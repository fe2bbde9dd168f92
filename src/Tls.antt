-- ===== src/Tls.antt =====
-- crab/utils/crypto.rs: the TLS configurations of the two sides, made from one `Config`.
--
-- rustls, rustls_pemfile, the system's certificates and the files are taken as an interface; a failure
-- of these is a text.
pub mod Laws
pub mod ClientAuth
use crab_rs.Prelude.{
  String, Bool, true, false, Option, none, some, List, [], ◌∷◌, ◌++◌, Result, ok, err, map_err,
  if◌then◌else◌, ◌≡◌,
}
use crab_rs.Prelude.Io.{Io, pure, raise, lift, from, match_on, ◌>>=◌, ◌>>◌}
use crab_rs.Errors.{CrabError, error_code, tls, io, tls_verifier}
use crab_rs.Errors.Codes

pub record Config : Type 0 where
  pub use_system_ca : Bool
  pub ca_path : Option String
  pub priv_key : String
  pub cert : String
  pub verify_client : Bool

abbrev pub default_priv_key : String
default_priv_key = "private.key"

abbrev pub default_cert : String
default_cert = "cert.pem"

abbrev pub default_config_filename : String
default_config_filename = "config.toml"

-- `impl Default for Config`
abbrev pub default_config : Config
default_config = record {
  use_system_ca = true;
  ca_path = none;
  priv_key = default_priv_key;
  cert = default_cert;
  verify_client = false;
}

-- `RootCertStore`: it holds the certificates that were added, in their order.
pub record Roots (Cert : Type 0) : Type 1 where
  pub Store : Type 0
  pub empty : Store
  pub add : Cert → Store → Result String Store
  pub held : Store → List Cert
  pub held-empty : held empty ≡ []
  pub held-add : (c : Cert) (s s' : Store) → add c s ≡ ok s' → held s' ≡ held s ++ c ∷ []

-- The files and the builders. A file gives its certificates one after the other, and its key if it
-- has one.
pub record Rustls (W : Type 0) : Type 1 where
  pub Cert : Type 0
  pub Key : Type 0
  pub roots : Roots Cert
  pub Verifier : Type 0
  pub ServerConfig : Type 0
  pub ClientConfig : Type 0
  pub toml_from_str : String → Result String Config
  pub read_to_string : String → Io String W String
  pub load_native_certs : W → List Cert × W
  pub certs : String → Io String W (List (Result String Cert))
  pub private_key : String → Io String W (Option Key)
  pub client_verifier : roots.Store → Result String Verifier
  pub server_config : Option Verifier → List Cert → Key → Result String ServerConfig
  pub client_config : roots.Store → Option (List Cert × Key) → Result String ClientConfig

module _ {W : Type 0} (r : Rustls W) where
  open r use {Cert, roots}

  or_default : Result String Config → Config
  or_default (ok cfg) = cfg
  or_default (err e) = default_config

  -- `Config::load_config_file`: a file that cannot be read or understood gives the default.
  unfoldable pub load_config_file : String → Io CrabError W Config
  unfolding or_default
  load_config_file filename =
      match_on (from io (r.read_to_string filename))
        (λ content. pure (or_default (r.toml_from_str content))) (λ e. pure default_config)

  -- `Config::load_default_config_file`, and with it `TLSProvider::from_default_config_file`, whose
  -- provider is its configuration.
  unfoldable pub load_default_config_file : Io CrabError W Config
  unfolding load_config_file
  load_default_config_file = load_config_file default_config_filename

  -- The two `try_for_each` of `load_root_cert`.
  unfoldable pub add_native : List Cert → roots.Store → Io CrabError W roots.Store
  add_native [] store = pure store
  add_native (c ∷ certs) store = lift (map_err tls (roots.add c store)) >>= add_native certs

  unfoldable pub add_read : List (Result String Cert) → roots.Store → Io CrabError W roots.Store
  add_read [] store = pure store
  add_read (err e ∷ certs) store = raise (io e)
  add_read (ok c ∷ certs) store = lift (map_err tls (roots.add c store)) >>= add_read certs

  add_system : Bool → roots.Store → Io CrabError W roots.Store
  unfolding add_native
  add_system true store w = let (certs, w') = r.load_native_certs w in add_native certs store w'
  add_system false store w = (ok store, w)

  add_file : Option String → roots.Store → Io CrabError W roots.Store
  unfolding add_read
  add_file none store = pure store
  add_file (some ca_path) store = do certs ← from io (r.certs ca_path); add_read certs store

  module _ (cfg : Config) where
    -- `TLSProvider::load_root_cert`
    unfoldable pub load_root_cert : Io CrabError W roots.Store
    unfolding add_system add_file
    load_root_cert = add_system cfg.use_system_ca roots.empty >>= add_file cfg.ca_path

    collected : List (Result String Cert) → Result String (List Cert)
    collected [] = ok []
    collected (err e ∷ certs) = err e
    collected (ok c ∷ certs) = with_first c (collected certs)
      where
        with_first : Cert → Result String (List Cert) → Result String (List Cert)
        with_first c (ok certs) = ok (c ∷ certs)
        with_first c (err e) = err e

    unfoldable pub load_cert : Io CrabError W (List Cert)
    unfolding collected
    load_cert = do certs ← from io (r.certs cfg.cert); lift (map_err io (collected certs))

    key_or_missing : Option r.Key → Result CrabError r.Key
    key_or_missing none = err (error_code Codes.key_not_found)
    key_or_missing (some key) = ok key

    unfoldable pub load_priv_key : Io CrabError W r.Key
    unfolding key_or_missing
    load_priv_key = do key ← from io (r.private_key cfg.priv_key); lift (key_or_missing key)

    -- Whom a server asks for a certificate: the clients whose roots are those of the server.
    client_auth : Bool → Io CrabError W (Option r.Verifier)
    unfolding load_root_cert
    client_auth false = pure none
    client_auth true = do
      root_ca ← load_root_cert
      verifier ← lift (map_err tls_verifier (r.client_verifier root_ca))
      pure (some verifier)

    -- `TLSProvider::build_server_config`
    unfoldable pub build_server_config : Io CrabError W r.ServerConfig
    unfolding client_auth load_cert load_priv_key
    build_server_config = do
      auth ← client_auth cfg.verify_client
      certs ← load_cert
      key ← load_priv_key
      lift (map_err tls (r.server_config auth certs key))

    own_cert : Bool → Io CrabError W (Option (List Cert × r.Key))
    unfolding load_cert load_priv_key
    own_cert false = pure none
    own_cert true = do certs ← load_cert; key ← load_priv_key; pure (some (certs, key))

    -- `TLSProvider::build_client_config`
    unfoldable pub build_client_config : Io CrabError W r.ClientConfig
    unfolding load_root_cert own_cert
    build_client_config = do
      root_ca ← load_root_cert
      own ← own_cert cfg.verify_client
      lift (map_err tls (r.client_config root_ca own))
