-- ===== src/Http.antt =====
-- app/utils/http.rs: HTTP methods, requests and responses, and the client that sends them.
--
-- The builder of requests and the client of hyper are taken as interfaces; a method of hyper is its
-- name.
pub mod Laws
use crab_rs.Prelude.{
  ℕ, String, Bool, Option, none, some, List, [], ◌∷◌, map, Result, ok, err, str_eq, if◌then◌else◌,
}
use crab_rs.Prelude.Io.{Io, pure, ◌>>=◌}
use crab_rs.Errors.{CrabError, error_code, error_code_with_message}
use crab_rs.Errors.Codes
use crab_rs.Tls
use crab_rs.Tls.{Rustls, build_client_config}

pub data HttpMethod : Type 0 where
  options get post put delete head trace connect patch : HttpMethod

-- `impl From<HttpMethod> for hyper::Method`
unfoldable pub hyper_method : HttpMethod → String
hyper_method options = "OPTIONS"
hyper_method get = "GET"
hyper_method post = "POST"
hyper_method put = "PUT"
hyper_method delete = "DELETE"
hyper_method head = "HEAD"
hyper_method trace = "TRACE"
hyper_method connect = "CONNECT"
hyper_method patch = "PATCH"

-- `impl TryFrom<&str> for HttpMethod`
unfoldable pub try_from : String → Result CrabError HttpMethod
try_from value =
    if str_eq value "GET"
    then ok get
    else if str_eq value "POST"
    then ok post
    else if str_eq value "PUT"
    then ok put
    else if str_eq value "DELETE"
    then ok delete
    else if str_eq value "HEAD"
    then ok head
    else if str_eq value "TRACE"
    then ok trace
    else if str_eq value "CONNECT"
    then ok connect
    else if str_eq value "PATCH"
    then ok patch
    else err (error_code Codes.bad_parameter)

abbrev pub Headers : Type 0
Headers = List (String × String)

pub record HttpRequest : Type 0 where
  pub method : HttpMethod
  pub request_uri : String
  pub headers : Headers

pub record HttpResponse : Type 0 where
  pub status_code : ℕ
  pub headers : Headers

-- `hyper::Request::builder`; building fails with a text.
pub record RequestBuilder (Body Request : Type 0) : Type 1 where
  pub Builder : Type 0
  pub builder : Builder
  pub method : String → Builder → Builder
  pub header : String → String → Builder → Builder
  pub uri : String → Builder → Builder
  pub body : Body → Builder → Result String Request

-- A response of hyper: a header's value that is no text is `none`.
pub record Incoming (Body : Type 0) : Type 0 where
  pub status : ℕ
  pub headers : List (String × Option String)
  pub body : Body

abbrev pub or_blank : Option String → String
or_blank none = ""
or_blank (some v) = v

abbrev pub text_header : String × Option String → String × String
text_header (k, v) = (k, or_blank v)

module _ {Body Request : Type 0} (b : RequestBuilder Body Request) where
  pub add_headers : Headers → b.Builder → b.Builder
  add_headers [] builder = builder
  add_headers ((k, v) ∷ headers) builder = add_headers headers (b.header k v builder)

  built : Result String Request → Result CrabError Request
  built (ok req) = ok req
  built (err e) = err (error_code Codes.bad_parameter)

  unfoldable pub make_request : HttpRequest → Body → Result CrabError Request
  unfolding built add_headers
  make_request req body =
      let builder = add_headers req.headers (b.method (hyper_method req.method) b.builder) in
      built (b.body body (b.uri req.request_uri builder))

answered : {Body : Type 0} → Result String (Incoming Body) → Result CrabError (HttpResponse × Body)
answered (ok resp) =
    ok (record { status_code = resp.status; headers = map text_header resp.headers }, resp.body)
answered (err e) = err (error_code_with_message Codes.unknown_error e)

-- `HttpClient::request`, from what the client of hyper gives.
unfoldable pub request :
    {W Body Request : Type 0}
    → (Request → Io String W (Incoming Body))
    → Request
    → Io CrabError W (HttpResponse × Body)
unfolding answered
request send req w = let (r, w') = send req w in (answered r, w')

abbrev pub connect_timeout : ℕ
connect_timeout = 15

-- `HttpClient::create`: hyper makes its client from the TLS configuration and the seconds that a
-- connection may take.
unfoldable pub create :
    {W Client : Type 0} (r : Rustls W)
    → (r.ClientConfig → ℕ → Client)
    → Tls.Config
    → Io CrabError W Client
create r connector tls = do
  tls_config ← build_client_config r tls
  pure (connector tls_config connect_timeout)
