-- ===== src/Control/Answers.antt =====
-- ctrl/types.rs: what the handlers answer, and the HTTP responses made from that.
use crab_rs.Prelude.{
  ℕ, String, Option, none, some, List, [], ◌∷◌, Result, ok, err, ◌≡◌, str_eq, if◌then◌else◌,
}
use crab_rs.Prelude.Text.{decimal}
use crab_rs.Errors.{CrabError, to_string}
use crab_rs.Errors
use crab_rs.Errors.Codes
use crab_rs.Http.{Headers, HttpResponse}
use crab_rs.Command.Files.{FileMetadata}

-- The field `value` is the source's `data`.
pub record Ret (D : Type 0) : Type 0 where
  pub err_no : ℕ
  pub msg : String
  pub value : Option D

module _ {D : Type 0} where
  unfoldable pub ret_error : CrabError → Ret D
  ret_error e = record { err_no = Errors.err_no e; msg = to_string e; value = none }

  -- `impl From<T> for Ret<T>`
  pub ret_from : D → Ret D
  ret_from t = record { err_no = Codes.no_error; msg = "success"; value = some t }

  -- `impl From<Result<T, CrabError>> for Ret<T>`
  unfoldable pub ret_from_result : Result CrabError D → Ret D
  unfolding ret_error ret_from
  ret_from_result (ok val) = ret_from val
  ret_from_result (err e) = ret_error e

pub data StreamResponse : Type 0 where
  error : Ret (Unit {0}) → StreamResponse
  file : FileMetadata → StreamResponse

-- The variant `Err` has the status beside the error.
abbrev pub ProxyResponse : Type 0
ProxyResponse = Result (ℕ × CrabError) HttpResponse

-- `axum::http`: a map from names to values, of which `insert` replaces all that a name had, and the
-- texts and numbers that are names, values and status codes.
pub record HeaderMap : Type 1 where
  pub Map : Type 0
  pub empty : Map
  -- what `Json` of axum puts beside its body
  pub json_headers : Map
  pub insert : String → String → Map → Map
  pub get_all : Map → String → List String
  pub header_name : String → Option String
  pub header_value : String → Option String
  pub status_code : ℕ → Option ℕ
  pub get_all-empty : (k : String) → get_all empty k ≡ []
  pub get_all-insert :
      (k v j : String) (m : Map)
      → get_all (insert k v m) j ≡ (if str_eq k j then v ∷ [] else get_all m j)

pub data Body : Type 0 where
  json : Ret (Unit {0}) → Body
  -- the reading end of the pipe that the node's data goes to
  stream : Body

module _ (h : HeaderMap) where
  pub record Response : Type 0 where
    pub status : ℕ
    pub headers : h.Map
    pub body : Body

  abbrev pub or_internal_error : Option ℕ → ℕ
  or_internal_error none = 500
  or_internal_error (some status) = status

  unfoldable pub insert_valid : Option String → Option String → h.Map → h.Map
  insert_valid (some name) (some val) m = h.insert name val m
  insert_valid (some name) none m = m
  insert_valid none val m = m

  unfoldable pub insert_headers : Headers → h.Map → h.Map
  unfolding insert_valid
  insert_headers [] m = m
  insert_headers ((key, value) ∷ headers) m =
      insert_headers headers (insert_valid (h.header_name key) (h.header_value value) m)

  -- `impl IntoResponse for ProxyResponse`
  unfoldable pub proxy_response : ProxyResponse → Response
  unfolding ret_error insert_headers
  proxy_response (err (status, e)) = record {
    status = or_internal_error (h.status_code status);
    headers = h.json_headers;
    body = json (ret_error e);
  }
  proxy_response (ok header) = record {
    status = or_internal_error (h.status_code header.status_code);
    headers = insert_headers header.headers h.empty;
    body = stream;
  }

  -- `impl IntoResponse for StreamResponse`
  unfoldable pub stream_response : StreamResponse → Response
  stream_response (error ret) = record { status = 200; headers = h.json_headers; body = json ret }
  stream_response (file metadata) = record {
    status = 200;
    headers =
        h.insert "content-length" (decimal metadata.filesize)
          (h.insert "content-type" "application/octet-stream" h.empty);
    body = stream;
  }
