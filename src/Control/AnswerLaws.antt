-- ===== src/Control/AnswerLaws.antt =====
-- Which headers of a node's response reach the client.
use mathlib.Core.Logic.{◌≢◌}
use crab_rs.Prelude.{
  String, Option, none, some, [], ◌∷◌, ◌++◌, All, ok, ℕ, ◌≡◌, refl, ap, ◌∙◌, arith, eq_iff,
}
use crab_rs.Http.{Headers}
use crab_rs.Control.Answers.{HeaderMap, insert_valid, insert_headers, proxy_response}

module _ (h : HeaderMap) where
  -- A header of another name, or of no name.
  abbrev pub IsOther : String → String × String → Type 0
  IsOther n kv = h.header_name kv.0 ≢ some n

  insert_headers-append :
      (before after : Headers) (m : h.Map)
      → insert_headers h (before ++ after) m ≡ insert_headers h after (insert_headers h before m)
  unfolding insert_headers
  insert_headers-append [] after m = refl
  insert_headers-append (kv ∷ before) after m = insert_headers-append before after _

  get_all-insert_valid :
      (name val : Option String) (m : h.Map) (n : String)
      → name ≢ some n
      → h.get_all (insert_valid h name val m) n ≡ h.get_all m n
  unfolding insert_valid
  get_all-insert_valid (some k) (some v) m n other =
      rw h.get_all-insert (ground (arith, eq_iff k n))
  get_all-insert_valid (some k) none m n other = refl
  get_all-insert_valid none val m n other = refl

  get_all-insert_headers :
      (headers : Headers) (m : h.Map) (n : String)
      → All (IsOther n) headers
      → h.get_all (insert_headers h headers m) n ≡ h.get_all m n
  unfolding insert_headers
  get_all-insert_headers [] m n others = refl
  get_all-insert_headers ((k, v) ∷ headers) m n (other, others) =
      get_all-insert_headers headers (insert_valid h (h.header_name k) (h.header_value v) m) n
        others
      ∙ get_all-insert_valid (h.header_name k) (h.header_value v) m n other

  -- Of the headers of a node's response that have one name, the client gets the last one only: the
  -- name has the value of a header that is valid and after which no header has that name, and no
  -- other value.
  pub proxy_response-last_value :
      (status_code : ℕ) (before after : Headers) (k v n val : String)
      → h.header_name k ≡ some n
      → h.header_value v ≡ some val
      → All (IsOther n) after
      → h.get_all
          (proxy_response h
            (ok (record { status_code = status_code; headers = before ++ (k, v) ∷ after }))).headers
          n
        ≡ val ∷ []
  unfolding proxy_response
  proxy_response-last_value status_code before after k v n val named valid others =
      let m = insert_headers h before h.empty in
      ap (λ r. h.get_all r n) (insert_headers-append before ((k, v) ∷ after) h.empty)
      ∙ get_all-insert_headers after _ n others
      ∙ ap (λ name. h.get_all (insert_valid h name (h.header_value v) m) n) named
      ∙ ap (λ value. h.get_all (insert_valid h (some n) value m) n) valid
      ∙ rw h.get_all-insert (ground (arith, eq_iff n n))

□ □ □ □ □ □ □

What to do: For every line in the listing above that mentions the word "RequestBuilder", make a copy.

Result:
pub record RequestBuilder (Body Request : Type 0) : Type 1 where
module _ {Body Request : Type 0} (b : RequestBuilder Body Request) where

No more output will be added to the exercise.